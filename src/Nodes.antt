-- ===== src/Nodes.antt =====
-- The virtual nodes of a client and the events that reach them: provider/liveness.go,
-- provider/vnode_store.go, the channels of provider/vnode.go, and the handlers of
-- vnode_controller/vnode_controller.go. A run of a handler reads the clock once.
pub mod Handlers
pub mod Watch
pub mod Alive
pub mod Silence
pub mod Guards
pub mod Events
pub mod Updates
pub mod Tests
use virtual_kubelet.Common.{
  ℕ, zero, suc, ◌+◌, ◌*◌, ◌/◌, ◌≡◌, Bool, true, false, ◌&&◌, ◌||◌, not, Option, none, some, is_some,
  List, [], ◌∷◌, ℤ, pos, ◌-ℤ◌, times_ℤ, over_ℤ, ltb_ℤ, leb_ℤ, Text, text, equal_fold, length, Map,
  lookup, insert, delete, Error, message, if◌then◌else◌, ◌==◌,
}
use mathlib.Core.Option
use virtual_kubelet.Lease.{Lease, is_leader}
use virtual_kubelet.Pods.{World}

-- `is_close` and `heart_beat` are its `Liveness`; the Booleans say which channels are closed.
pub record Node (S : Type 0) : Type 0 where
  pub lease : Option Lease
  pub is_close : Bool
  pub heart_beat : ℤ
  pub ready : Bool
  pub exit : Bool
  pub done : Bool
  pub pods : World S

module _ (S : Type 0) where
  abbrev pub Nodes : Type 0
  Nodes = Map (Node S)

unfoldable pub add_outdated : Text → Option Bool → Option (List Text) → Option (List Text)
add_outdated name (some false) (some names) = some (name ∷ names)
add_outdated name (some true) (some names) = some names
add_outdated name (some leader) none = none
add_outdated name none rest = none

module _ {S : Type 0} where
  unfoldable pub update_heart_beat_time : ℤ → Node S → Node S
  update_heart_beat_time now n = record n { is_close = false; heart_beat = now }

  -- Closed, or silent for 60 seconds.
  unfoldable pub is_dead : ℤ → Node S → Bool
  is_dead now n = n.is_close || leb_ℤ (pos 60_000_000_000) (now -ℤ n.heart_beat)

  unfoldable pub close : ℤ → Node S → Node S
  close now n = record n { is_close = true; heart_beat = now }

  -- Not closed, and heard of in the last 25 seconds.
  unfoldable pub is_reachable : ℤ → Node S → Bool
  is_reachable now n = not n.is_close && leb_ℤ (now -ℤ n.heart_beat) (pos 25_000_000_000)

  -- A channel that is closed already stays so.
  unfoldable pub shutdown : Node S → Node S
  shutdown n = if n.exit then n else record n { exit = true }

  unfoldable pub to_done : Node S → Node S
  to_done n = if n.done then n else record n { done = true }

  -- Closing a closed channel panics.
  unfoldable pub activate : Node S → Option (Node S)
  activate n = if n.ready then none else some (record n { ready = true })

  unfoldable pub reset_activation_status : Node S → Node S
  reset_activation_status n = record n { ready = false }

  unfoldable pub update_node_state_on_provider_arrived : ℤ → Text → Text → Nodes S → Nodes S
  unfolding update_heart_beat_time close equal_fold
  update_node_state_on_provider_arrived now name state nodes = elim (lookup name nodes) [
    | none ↦ nodes
    | some n ↦
        insert name
          (if equal_fold state (text "ACTIVATED")
            then update_heart_beat_time now n
            else close now n)
          nodes
  ]

  unfoldable pub node_shutdown : ℤ → Text → Nodes S → Nodes S
  unfolding close shutdown
  node_shutdown now name nodes = elim (lookup name nodes) [
    | none ↦ nodes
    | some n ↦ insert name (shutdown (close now n)) nodes
  ]

  unfoldable pub all_node_num : Nodes S → ℕ
  all_node_num nodes = length nodes

  unfoldable pub add_v_node : Text → Node S → Nodes S → Option Error × Nodes S
  add_v_node name n nodes =
      if is_some (lookup name nodes)
      then (some (message (text "node already exists")), nodes)
      else (none, insert name n nodes)

  unfoldable pub delete_v_node : Text → Nodes S → Nodes S
  delete_v_node name nodes = delete name nodes

  -- The names of the nodes with a property, in the map's order.
  unfoldable pub names_where : (Node S → Bool) → Nodes S → List Text
  names_where p [] = []
  names_where p ((name, n) ∷ nodes) =
      let rest = names_where p nodes in if p n then name ∷ rest else rest

  unfoldable pub running_node_num : ℤ → Nodes S → ℕ
  unfolding names_where is_dead
  running_node_num now nodes = length (names_where (λ n. not (is_dead now n)) nodes)

  unfoldable pub get_un_reachable_v_nodes : ℤ → Nodes S → List Text
  unfolding names_where is_reachable
  get_un_reachable_v_nodes now nodes = names_where (λ n. not (is_reachable now n)) nodes

  unfoldable pub get_dead_v_nodes : ℤ → Nodes S → List Text
  unfolding names_where is_dead
  get_dead_v_nodes now nodes = names_where (is_dead now) nodes

  -- `none` is the panic of `IsLeader` on a lease without a holder.
  unfoldable pub get_lease_outdated_v_node_names : Text → ℤ → Nodes S → Option (List Text)
  unfolding add_outdated is_leader
  get_lease_outdated_v_node_names client_id now [] = some []
  get_lease_outdated_v_node_names client_id now ((name, n) ∷ nodes) =
      add_outdated name (is_leader client_id now n.lease)
        (get_lease_outdated_v_node_names client_id now nodes)

  unfoldable pub get_lease_occupied_v_nodes : Text → ℤ → Nodes S → Option (List Text)
  unfolding add_outdated is_leader
  get_lease_occupied_v_nodes client_id now [] = some []
  get_lease_occupied_v_nodes client_id now ((name, n) ∷ nodes) =
      add_outdated name (Option.map not (is_leader client_id now n.lease))
        (get_lease_occupied_v_nodes client_id now nodes)

  unfoldable pub workload_level : ℤ → ℤ → Nodes S → ℤ
  unfolding all_node_num running_node_num
  workload_level workload_max_level now nodes =
      if all_node_num nodes == 0
      then pos 0
      else over_ℤ (times_ℤ (running_node_num now nodes) workload_max_level) (all_node_num nodes + 1)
-=-=-=-=-
= Task requirements =
Nothing but the lines from the one containing "workload_level workload_max_level now" through the last line of the data above should be given again, each exactly as it stands.

= Exercise answer =
  workload_level workload_max_level now nodes =
      if all_node_num nodes == 0
      then pos 0
      else over_ℤ (times_ℤ (running_node_num now nodes) workload_max_level) (all_node_num nodes + 1)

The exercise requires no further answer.